在窃骗交织的行为模式中,被害人是否基于认识错误而对其占有的财物做出处分行为是区分二罪的关键因素。具体分析如下:
首先,刑法意义上的占有和处分与民法上的概念不同。民法上的占有本身构成财产归属与控制秩序的一部分,是对财产持续稳定的、明确的控制与支配,以明确占有人与真正权利人的权利义务界限;而刑法上的占有,只在于确认财产被现实控制支配的事实,一时的控制支配也可构成。刑法对占有也予以同等的保护。同时,刑法上的处分行为并不要求被害人将财物的所有权处分给行为人,“交付”即是刑法上的处分行为,而允许行为人独立地占有该物,也是一种处分。当所有人在场时,行为人借打手机,可以认定行为人对手机的状态是一种协助占有,但当行为人持手机离开所有人的视线范围时,行为人已实现了对手机的直接占有。因为此时,从外观上看,所有权人已无法随时有效地对该物实施管理。
其次,被害人处分行为影响诈骗罪和盗窃罪的定性。被害人的处分行为在诈骗罪(既遂)的基本构造为:行为人实施欺骗行为——对方产生错误认识——对方基于错误认识而处分财产——行为人或第三者取得财产——被害人遭受财产损失;盗窃罪的本质在于取财行为的秘密性,而不问被害人对财物的处分如何。

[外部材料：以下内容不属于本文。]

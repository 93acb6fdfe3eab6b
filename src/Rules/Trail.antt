-- ===== src/Rules/Trail.antt =====
-- Lemmas on inbox/rules/repository.ts: the trail of firings, and the flags of threads.
use openzigs_social.Prelude.{
  ℕ, String, Bool, false, ◌&&◌, ◌||◌, Option, none, some, List, [], ◌∷◌, ◌++◌, map, ◌==◌,
  if◌then◌else◌,
}
use openzigs_social.Rules.Types.{RuleActions}
use openzigs_social.Rules.Engine.{Runtime}
use openzigs_social.Rules.Facts.{SocialThread}
use openzigs_social.Rules.Repository.{
  RuleInput, FiringRow, ThreadState, RuleStore, FactSources, create, update, delete, new_firing,
  apply_to_message,
}

pub record Audit : Type 0 where
  pub platform : String
  pub platform_message_id : String
  pub message_id : ℕ
  pub actions : RuleActions
  pub fired_at : ℕ

-- A firing without the rule, which may be deleted.
abbrev pub audit_of : FiringRow → Audit
audit_of r = record {
  platform = r.platform;
  platform_message_id = r.platform_message_id;
  message_id = r.message_id;
  actions = r.actions;
  fired_at = r.fired_at;
}

abbrev pub audits : RuleStore → List Audit
audits store = map audit_of store.firings.rows

abbrev pub is_flagged : ℕ → List ThreadState → Bool
is_flagged t [] = false
is_flagged t (s ∷ ss) = if s.thread_id == t then s.flagged else is_flagged t ss

pub data Call : Type 0 where
  create_call : String → RuleInput → Call
  update_call : String → ℕ → RuleInput → Call
  delete_call : ℕ → Call
  apply_call : ℕ → FactSources → Call

abbrev pub on_thread : ℕ → Option (ℕ × SocialThread) → Bool
on_thread t none = false
on_thread t (some (u, thread)) = u == t

module _ (js : Runtime) where
  unfoldable pub step : Call → RuleStore → RuleStore
  unfolding create update delete apply_to_message
  step (create_call now input) store = (create now input store).1
  step (update_call now k input) store = (update now k input store).1
  step (delete_call k) store = (delete k store).1
  step (apply_call now sources) store = (apply_to_message js now sources store).1

  unfoldable pub run : List Call → RuleStore → RuleStore
  unfolding step
  run [] store = store
  run (c ∷ cs) store = run cs (step c store)

  -- What a call adds to the trail: the firings of its evaluation.
  abbrev pub told : Call → RuleStore → List Audit
  told (apply_call now sources) store =
      map (λ f. audit_of (new_firing now sources f 0))
        (apply_to_message js now sources store).0.firings
  told (create_call now input) store = []
  told (update_call now k input) store = []
  told (delete_call k) store = []

  abbrev pub trail : List Call → RuleStore → List Audit
  trail [] store = []
  trail (c ∷ cs) store = told c store ++ trail cs (step c store)

  -- Whether a call evaluates a message of the thread and a rule flags it.
  abbrev pub flags : ℕ → Call → RuleStore → Bool
  flags t (apply_call now sources) store =
      on_thread t sources.thread && (apply_to_message js now sources store).0.flagged
  flags t (create_call now input) store = false
  flags t (update_call now k input) store = false
  flags t (delete_call k) store = false

  abbrev pub ever_flags : ℕ → List Call → RuleStore → Bool
  ever_flags t [] store = false
  ever_flags t (c ∷ cs) store = flags t c store || ever_flags t cs (step c store)
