-- ===== src/Rules/Tests.antt =====
-- Two rules on a message from an author with many followers.
use openzigs_social.Prelude.{ℕ, String, true, refl, none, some, List, [], ◌∷◌, ◌≡◌, map, any}
use openzigs_social.Rules.Types.{
  gte, number, scalar, Condition, comparison, not_of, Priority, high, urgent, RuleDefinition, Facts,
}
use openzigs_social.Rules.Engine.{Runtime, evaluate_rules}
use openzigs_social.Rules.Facts.{SocialMessage}
use openzigs_social.Rules.Laws.{has_tag, flags, tags_of, fired, evaluate_rules-fired}
use openzigs_social.Rules.Types.{boolean, all_of, any_of, none_left, and_then}
use openzigs_social.Effects.{ok}
use openzigs_social.Sql.{empty_table}
use openzigs_social.Rules.Validate.{
  raw_object, raw_field, raw_scalar, no_raw_fields, max_condition_depth, validate_condition,
}
use openzigs_social.Rules.Encode.{encode, Fits, validate_condition-encode}
use openzigs_social.Rules.Repository.{RuleInput, FactSources, RuleStore}
use openzigs_social.Rules.Trail.{Call, create_call, apply_call, delete_call}

-- A runtime for texts that are in lower case and hold no numbers.
abbrev js : Runtime
js = record { to_lower = λ s. s; to_number = λ s. none; show_number = λ n. "0" }

abbrev famous : ℕ → Condition
famous n =
    comparison
      (record { field = "author.followerCount"; op = gte; value = some (scalar (number n)) })

abbrev rule : ℕ → Condition → Priority → String → RuleDefinition
rule id condition priority tag = record {
  id = id;
  name = "rule";
  enabled = true;
  sort_order = id;
  condition = condition;
  actions = record {
    priority = some priority;
    tags = some (tag ∷ []);
    route = none;
    flag = some true;
  };
  created_at = "";
  updated_at = "";
}

abbrev rules : List RuleDefinition
rules = rule 1 (famous 1000) urgent "vip" ∷ rule 2 (not_of (famous 10)) high "new" ∷ []

abbrev message : SocialMessage
message = record { platform = "threads"; direction = "inbound"; body = "hi"; metadata = none }

abbrev facts : Facts
facts = ("author.followerCount", number 5000) ∷ []

evaluate_rules-fired_example :
    let e = evaluate_rules js rules facts in
    (e.fired_rule_ids ≡ map (λ r. r.id) (fired js rules facts))
    × (e.firings ≡ map (λ r. (r.id, r.actions)) (fired js rules facts))
    × (e.flagged ≡ any flags (fired js rules facts))
    × ((t : String) → has_tag t e.tags ≡ any (λ r. has_tag t (tags_of r)) (fired js rules facts))
evaluate_rules-fired_example = evaluate_rules-fired js rules facts

nested :
    Fits max_condition_depth
      (all_of (and_then (not_of (famous 10)) (and_then (any_of none_left) none_left)))
nested = ((refl, tt, refl), (tt, tt))

validate_condition-encode_example :
    validate_condition
      (encode (all_of (and_then (not_of (famous 10)) (and_then (any_of none_left) none_left))))
    ≡ ok (all_of (and_then (not_of (famous 10)) (and_then (any_of none_left) none_left)))
validate_condition-encode_example =
    validate_condition-encode
      (all_of (and_then (not_of (famous 10)) (and_then (any_of none_left) none_left))) nested

abbrev flag_all : RuleInput
flag_all = record {
  name = "flag all";
  enabled = none;
  sort_order = none;
  condition = encode (not_of (famous 10));
  actions = raw_object (raw_field "flag" (raw_scalar (boolean true)) no_raw_fields);
}

abbrev sources : FactSources
sources = record {
  message = message;
  message_id = 3;
  platform_message_id = "m3";
  contact = none;
  thread = some (7, record { platform = "threads"; subject = none });
}

abbrev no_rules : RuleStore
no_rules = record { rules = empty_table; firings = empty_table; states = [] }

abbrev history : List Call
history =
    create_call "2026" flag_all ∷ apply_call 20 sources ∷ delete_call 1 ∷ apply_call 30 sources ∷ []
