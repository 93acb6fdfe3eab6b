-- ===== src/SocialBrain.antt =====
-- platform/social-brain/repository.ts: the store of contacts, threads and messages.
pub mod Types
pub mod Repository
pub mod Spec
pub mod Promise
pub mod Merges
pub mod Refines
mod Tests
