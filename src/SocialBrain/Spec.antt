-- ===== src/SocialBrain/Spec.antt =====
-- What the store promises of a platform's objects, with no table: of all that was given for a key, each
-- field has the value that was given last.
use openzigs_social.Prelude.{
  ℕ, String, Bool, true, ◌&&◌, Option, none, some, get_or, or_else, List, [], ◌∷◌, str_eq,
  if◌then◌else◌,
}
use openzigs_social.SocialBrain.Types.{
  Fields, MessageDirection, inbound, SocialContact, SocialThread, SocialMessage, UpsertContactInput,
  UpsertThreadInput, UpsertMessageInput,
}
use openzigs_social.SocialBrain.Repository.{
  SocialBrain, contact_id, thread_id, refers, upsert_contact, upsert_thread, upsert_message,
}

-- The calls that write, each with the time of its statement.
pub data Call : Type 0 where
  contact_call : ℕ → UpsertContactInput → Call
  thread_call : ℕ → UpsertThreadInput → Call
  message_call : ℕ → UpsertMessageInput → Call

unfoldable pub step : Call → SocialBrain → SocialBrain
unfolding upsert_contact upsert_thread upsert_message
step (contact_call now input) db = (upsert_contact now input db).1
step (thread_call now input) db = (upsert_thread now input db).1
step (message_call now input) db = (upsert_message now input db).1

unfoldable pub run : List Call → SocialBrain → SocialBrain
run [] db = db
run (c ∷ cs) db = run cs (step c db)

-- Whether the rows that a call refers to are there.
abbrev pub is_valid : Call → SocialBrain → Bool
is_valid (contact_call now input) db = true
is_valid (thread_call now input) db = refers contact_id input.contact_id db.contacts
is_valid (message_call now input) db =
    refers thread_id input.thread_id db.threads && refers contact_id input.contact_id db.contacts

-- The calls that find what they refer to, each in the store that the calls before it leave.
abbrev pub valid_calls : List Call → SocialBrain → List Call
valid_calls [] db = []
valid_calls (c ∷ cs) db =
    let rest = valid_calls cs (step c db) in if is_valid c db then c ∷ rest else rest

-- What was given for a key, in order.
abbrev when_key : {A : Type 0} → Bool → A → List A → List A
when_key b a es = if b then a ∷ es else es

abbrev pub contact_inputs : String → String → List Call → List (ℕ × UpsertContactInput)
contact_inputs p k [] = []
contact_inputs p k (contact_call now input ∷ cs) =
    when_key (str_eq input.platform p && str_eq input.platform_contact_id k) (now, input)
      (contact_inputs p k cs)
contact_inputs p k (thread_call now input ∷ cs) = contact_inputs p k cs
contact_inputs p k (message_call now input ∷ cs) = contact_inputs p k cs

abbrev pub thread_inputs : String → String → List Call → List (ℕ × UpsertThreadInput)
thread_inputs p k [] = []
thread_inputs p k (contact_call now input ∷ cs) = thread_inputs p k cs
thread_inputs p k (thread_call now input ∷ cs) =
    when_key (str_eq input.platform p && str_eq input.platform_thread_id k) (now, input)
      (thread_inputs p k cs)
thread_inputs p k (message_call now input ∷ cs) = thread_inputs p k cs

abbrev pub message_inputs : String → String → List Call → List (ℕ × UpsertMessageInput)
message_inputs p k [] = []
message_inputs p k (contact_call now input ∷ cs) = message_inputs p k cs
message_inputs p k (thread_call now input ∷ cs) = message_inputs p k cs
message_inputs p k (message_call now input ∷ cs) =
    when_key (str_eq input.platform p && str_eq input.platform_message_id k) (now, input)
      (message_inputs p k cs)

module _ {I A : Type 0} where
  -- The value that was given last, if one was.
  abbrev pub latest : (I → Option A) → List (ℕ × I) → Option A
  latest f [] = none
  latest f ((now, input) ∷ es) = or_else (latest f es) (f input)

abbrev pub last_time : {I : Type 0} → ℕ → List (ℕ × I) → ℕ
last_time t [] = t
last_time t ((now, input) ∷ es) = last_time now es

-- What is promised of an object: all but its id.
pub record ContactView : Type 0 where
  pub handle : Option String
  pub display_name : Option String
  pub avatar_url : Option String
  pub metadata : Option Fields
  pub created_at : ℕ
  pub updated_at : ℕ

pub record ThreadView : Type 0 where
  pub contact_id : Option ℕ
  pub subject : Option String
  pub last_message_at : Option ℕ
  pub created_at : ℕ
  pub updated_at : ℕ

pub record MessageView : Type 0 where
  pub thread_id : Option ℕ
  pub contact_id : Option ℕ
  pub direction : MessageDirection
  pub body : String
  pub metadata : Option Fields
  pub sent_at : Option ℕ
  pub created_at : ℕ
  pub updated_at : ℕ

abbrev pub contact_view : SocialContact → ContactView
contact_view c = record {
  handle = c.handle;
  display_name = c.display_name;
  avatar_url = c.avatar_url;
  metadata = c.metadata;
  created_at = c.created_at;
  updated_at = c.updated_at;
}

abbrev pub thread_view : SocialThread → ThreadView
thread_view t = record {
  contact_id = t.contact_id;
  subject = t.subject;
  last_message_at = t.last_message_at;
  created_at = t.created_at;
  updated_at = t.updated_at;
}

abbrev pub message_view : SocialMessage → MessageView
message_view m = record {
  thread_id = m.thread_id;
  contact_id = m.contact_id;
  direction = m.direction;
  body = m.body;
  metadata = m.metadata;
  sent_at = m.sent_at;
  created_at = m.created_at;
  updated_at = m.updated_at;
}

abbrev pub spec_contact : List (ℕ × UpsertContactInput) → Option ContactView
spec_contact [] = none
spec_contact ((now, input) ∷ es) = some (record {
  handle = or_else (latest (λ i. i.handle) es) input.handle;
  display_name = or_else (latest (λ i. i.display_name) es) input.display_name;
  avatar_url = or_else (latest (λ i. i.avatar_url) es) input.avatar_url;
  metadata = or_else (latest (λ i. i.metadata) es) input.metadata;
  created_at = now;
  updated_at = last_time now es;
})

abbrev pub spec_thread : List (ℕ × UpsertThreadInput) → Option ThreadView
spec_thread [] = none
spec_thread ((now, input) ∷ es) = some (record {
  contact_id = or_else (latest (λ i. i.contact_id) es) input.contact_id;
  subject = or_else (latest (λ i. i.subject) es) input.subject;
  last_message_at = or_else (latest (λ i. i.last_message_at) es) input.last_message_at;
  created_at = now;
  updated_at = last_time now es;
})

abbrev pub spec_message : List (ℕ × UpsertMessageInput) → Option MessageView
spec_message [] = none
spec_message ((now, input) ∷ es) = some (record {
  thread_id = or_else (latest (λ i. i.thread_id) es) input.thread_id;
  contact_id = or_else (latest (λ i. i.contact_id) es) input.contact_id;
  direction = get_or input.direction inbound;
  body = get_or (latest (λ i. some i.body) es) input.body;
  metadata = or_else (latest (λ i. i.metadata) es) input.metadata;
  sent_at = or_else (latest (λ i. i.sent_at) es) input.sent_at;
  created_at = now;
  updated_at = last_time now es;
})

再次,被害人处分的存在是诈骗罪与盗窃罪法定刑不同的原因之一。盗窃罪与诈骗罪同属数额犯,二罪同以数额之多少来认定是否构成犯罪,及以此来确定不同的法定刑幅度,但诈骗罪的犯罪构成中无论是入罪数额还是升格法定刑的数额,均比盗窃罪的要高些,其原因在于:盗窃行为之于被害人而言,更难以防范,因为其是采取乘人不备、秘密窃取的方式进行,被害人不存在对财物的处分行为;而对诈骗行为,被害人对自己占有的财物做出处分行为前,则对行为人所虚构之事实、隐瞒之真相具有一定的审查义务,即诈骗行为系蒙蔽被害人的理性。故而,刑法对被害人具有较严审查义务的犯罪,处以较轻的刑罚。刑法对合同诈骗罪、保险诈骗罪规定的入罪数额及升格法定刑的数额更大,原因也在于被害人较之一般诈骗中的被害人具有更为严格的审查义务。而盗窃行为的特点在于取财的秘密性,被害人也没有机会通过对行为人行为的审查而避免损失,其对社会秩序的挑战较诈骗行为更大。